RECORDS TO PROCESS START

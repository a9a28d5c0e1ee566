-- ===== src/Prompts/Service.antt =====
-- prompts/services/prompts.service.ts and its mappers. The clock is an argument. A version is what
-- the service looks at of it, and the rest; a name or description that is null counts as an empty one.
use Prim.Native.String.{◌++◌ as ◌then◌}
use arcane_backend.Common.{
  ℕ, String, Option, none, some, Bool, true, false, not, ◌==◌, Exec, pure, reads, modify, throw_if,
  or_throw, ◌>>=◌, ◌>>◌, if◌then◌else◌, is_null, length, map, Result, ok, err,
}
use arcane_backend.Entities.{
  Prompt, PromptVersion, TemplateType, chat, str, TemplateFormat, no_format, ModelConfiguration,
}
use arcane_backend.Exception.{
  not_found, forbidden, unprocessable, prompt_does_not_belong_to_project, only_chat_templates,
  model_configuration_not_found, prompt_name_exists,
}
use arcane_backend.Platform.{Platform, World, AuditState, prompt_state, record_audit}
use arcane_backend.Prompts.Identifier.{TextTools, validate}
use arcane_backend.Prompts.Validators.{
  from_adapter, validate_template_type, validate_invocation_parameters,
}
use arcane_backend.Prompts.Versions.{
  is_prompt_named, is_version_of, prompt_event, save_prompt, get_prompt_by_identifier_or_throw,
  audit_if,
}
use arcane_backend.Rbac.Roles.{or_null}

pub record CreatePromptVersionRequest : Type 0 where
  pub model_configuration_id : String
  pub template_type : TemplateType
  -- `template.type`
  pub template_kind : String
  pub template_format : Option TemplateFormat
  -- `invocationParameters.type`
  pub invocation_type : String
  pub content : String

pub record CreatePromptRequest : Type 0 where
  pub name : String
  pub description : Option String
  pub metadata : Option String
  pub version : CreatePromptVersionRequest

pub record UpdatePromptRequest : Type 0 where
  pub name : Option String
  pub description : Option String

abbrev pub to_audit_state : Prompt → AuditState
to_audit_state x = prompt_state x.id x.name x.description x.project_id x.metadata

abbrev pub is_chat : TemplateType → Bool
is_chat chat = true
is_chat str = false

-- `?? TemplateFormat.NONE`
abbrev pub format_or_none : Option TemplateFormat → TemplateFormat
format_or_none none = no_format
format_or_none (some f) = f

-- `metadata || {}`
abbrev pub metadata_or_empty : Option String → String
metadata_or_empty none = "{}"
metadata_or_empty (some m) = m

module _ {S : Type 0} where
  abbrev pub lift_result : {A : Type 0} → Result A → Exec S A
  lift_result (ok a) w = (ok a, w)
  lift_result (err e) w = (err e, w)

module _ (p : Platform) where
  abbrev pub new_prompt : String → String → CreatePromptRequest → World p → Prompt
  new_prompt project_id name body w = record {
    id = p.new_id (map (λ (x : Prompt). x.id) w.db.prompts);
    name = name;
    description = or_null body.description;
    project_id = project_id;
    promoted_version_id = none;
    metadata = metadata_or_empty body.metadata;
  }

  abbrev pub insert_prompt : Prompt → World p → World p
  insert_prompt x w = record w { db = record (w.db) { prompts = p.insert x w.db.prompts } }

  -- The prompt that gets the version: a new one, or the one of that name.
  abbrev pub prompt_for :
      String → String → CreatePromptRequest → Option Prompt → Exec (World p) Prompt
  prompt_for project_id name body none = do
    prompt ← reads (new_prompt project_id name body)
    modify (insert_prompt prompt)
    pure prompt
  prompt_for project_id name body (some x) =
      if is_null body.description
      then pure x
      else (modify (save_prompt p (record x { description = or_null body.description }))
          >> pure (record x { description = or_null body.description }))

  abbrev pub promote_first : Bool → Prompt → PromptVersion → Exec (World p) (Unit {0})
  promote_first is_new prompt version =
      if is_new
      then modify (save_prompt p (record prompt { promoted_version_id = some version.id }))
      else pure tt

  abbrev pub insert_version : PromptVersion → World p → World p
  insert_version x w = record w {
    db = record (w.db) { prompt_versions = p.insert x w.db.prompt_versions };
  }

module _ (p : Platform) (t : TextTools) where
  -- `v${existingCount}`
  abbrev pub version_name : ℕ → String
  version_name n = "v" then t.number_to_string n

  abbrev pub new_version :
      ℕ → Prompt → String → CreatePromptVersionRequest → World p → PromptVersion
  new_version now prompt user_id version w = record {
    id = p.new_id (map (λ (x : PromptVersion). x.id) w.db.prompt_versions);
    prompt_id = prompt.id;
    user_id = some user_id;
    version_name =
        or_null
          (some (version_name (length (p.find (is_version_of prompt.id) w.db.prompt_versions))));
    model_configuration_id = version.model_configuration_id;
    template_type = version.template_type;
    template_format = format_or_none version.template_format;
    content = version.content;
    created_at = now;
  }

  abbrev pub created_action : Bool → String
  created_action is_new = if is_new then "prompt.created" else "prompt.version_created"

  -- The part of `create` behind the query for a prompt of that name.
  abbrev pub save_over :
      String
      → CreatePromptRequest
      → String
      → String
      → ℕ
      → String
      → Option Prompt
      → Exec (World p) PromptVersion
  save_over project_id body user_id organisation_id now name existing = do
    prompt ← prompt_for p project_id name body existing
    version ← reads (new_version now prompt user_id body.version)
    modify (insert_version p version)
    promote_first p (is_null existing) prompt version
    record_audit p (
        prompt_event (created_action (is_null existing)) (some user_id) prompt.id
          (some organisation_id) project_id none (some (to_audit_state prompt)))
    pure version

  -- The part of `create` behind the checks.
  unfoldable pub save_checked :
      String → CreatePromptRequest → String → String → ℕ → String → Exec (World p) PromptVersion
  save_checked project_id body user_id organisation_id now name = do
    existing ← reads (λ w. p.find_one (is_prompt_named project_id name) w.db.prompts)
    save_over project_id body user_id organisation_id now name existing

  unfoldable pub create_prompt :
      String → CreatePromptRequest → String → String → ℕ → Exec (World p) PromptVersion
  unfolding save_checked
  create_prompt project_id body user_id organisation_id now = do
    throw_if (not (is_chat body.version.template_type)) (unprocessable only_chat_templates)
    lift_result (validate_template_type body.version.template_type body.version.template_kind)
    found ← reads (λ w.
        p.find_one (λ (x : ModelConfiguration). x.id == body.version.model_configuration_id)
          w.db.model_configurations)
    model ←
        or_throw found
          (not_found (model_configuration_not_found body.version.model_configuration_id))
    lift_result
        (validate_invocation_parameters (from_adapter model.adapter) body.version.invocation_type)
    name ← lift_result (validate t body.name)
    save_checked project_id body user_id organisation_id now name

  -- `existingPrompt && existingPrompt.id !== prompt.id`
  abbrev pub is_taken : Prompt → Option Prompt → Bool
  is_taken prompt none = false
  is_taken prompt (some x) = not (x.id == prompt.id)

  abbrev pub rename : String → Prompt → Option String → Exec (World p) Prompt
  rename project_id prompt none = pure prompt
  rename project_id prompt (some name) = do
    valid_name ← lift_result (validate t name)
    existing ← reads (λ w. p.find_one (is_prompt_named project_id valid_name) w.db.prompts)
    throw_if (is_taken prompt existing) (unprocessable (prompt_name_exists valid_name))
    pure (record prompt { name = valid_name })

  abbrev pub described : Prompt → Option String → Prompt
  described prompt none = prompt
  described prompt (some description) = record prompt { description = or_null (some description) }

  -- The part of `update` behind the checks of the prompt.
  abbrev pub save_updated :
      String → Prompt → UpdatePromptRequest → Option String → Option String → Exec (World p) Prompt
  save_updated project_id prompt dto user_id organisation_id = do
    renamed ← rename project_id prompt dto.name
    modify (save_prompt p (described renamed dto.description))
    audit_if p organisation_id (
        prompt_event "prompt.updated" user_id prompt.id organisation_id project_id
          (some (to_audit_state prompt))
          (some (to_audit_state (described renamed dto.description))))
    pure (described renamed dto.description)

  unfoldable pub update_prompt :
      String → String → UpdatePromptRequest → Option String → Option String → Exec (World p) Prompt
  unfolding get_prompt_by_identifier_or_throw
  update_prompt project_id prompt_identifier dto user_id organisation_id = do
    prompt ← get_prompt_by_identifier_or_throw p project_id prompt_identifier
    throw_if (not (prompt.project_id == project_id)) (forbidden prompt_does_not_belong_to_project)
    save_updated project_id prompt dto user_id organisation_id

  -- The versions of the prompt go with it (`onDelete: "CASCADE"`).
  abbrev pub remove_prompt_row : Prompt → World p → World p
  remove_prompt_row x w = record w {
    db = record (w.db) {
      prompts = p.remove (λ (y : Prompt). y.id == x.id) w.db.prompts;
      prompt_versions = p.remove (is_version_of x.id) w.db.prompt_versions;
    };
  }

  unfoldable pub remove_prompt :
      String → String → Option String → Option String → Exec (World p) (Unit {0})
  unfolding get_prompt_by_identifier_or_throw
  remove_prompt project_id prompt_identifier user_id organisation_id = do
    prompt ← get_prompt_by_identifier_or_throw p project_id prompt_identifier
    modify (remove_prompt_row prompt)
    audit_if p organisation_id (
        prompt_event "prompt.deleted" user_id prompt.id organisation_id project_id
          (some (to_audit_state prompt)) none)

RECORDS TO PROCESS END

** WORK TO BE COMPLETED **
Restate exactly each line of the data from the one bearing "-- The versions" to the end, and add nothing.

** RESPONSE BOX **
  -- The versions of the prompt go with it (`onDelete: "CASCADE"`).
  abbrev pub remove_prompt_row : Prompt → World p → World p
  remove_prompt_row x w = record w {
    db = record (w.db) {
      prompts = p.remove (λ (y : Prompt). y.id == x.id) w.db.prompts;
      prompt_versions = p.remove (is_version_of x.id) w.db.prompt_versions;
    };
  }

  unfoldable pub remove_prompt :
      String → String → Option String → Option String → Exec (World p) (Unit {0})
  unfolding get_prompt_by_identifier_or_throw
  remove_prompt project_id prompt_identifier user_id organisation_id = do
    prompt ← get_prompt_by_identifier_or_throw p project_id prompt_identifier
    modify (remove_prompt_row prompt)
    audit_if p organisation_id (
        prompt_event "prompt.deleted" user_id prompt.id organisation_id project_id
          (some (to_audit_state prompt)) none)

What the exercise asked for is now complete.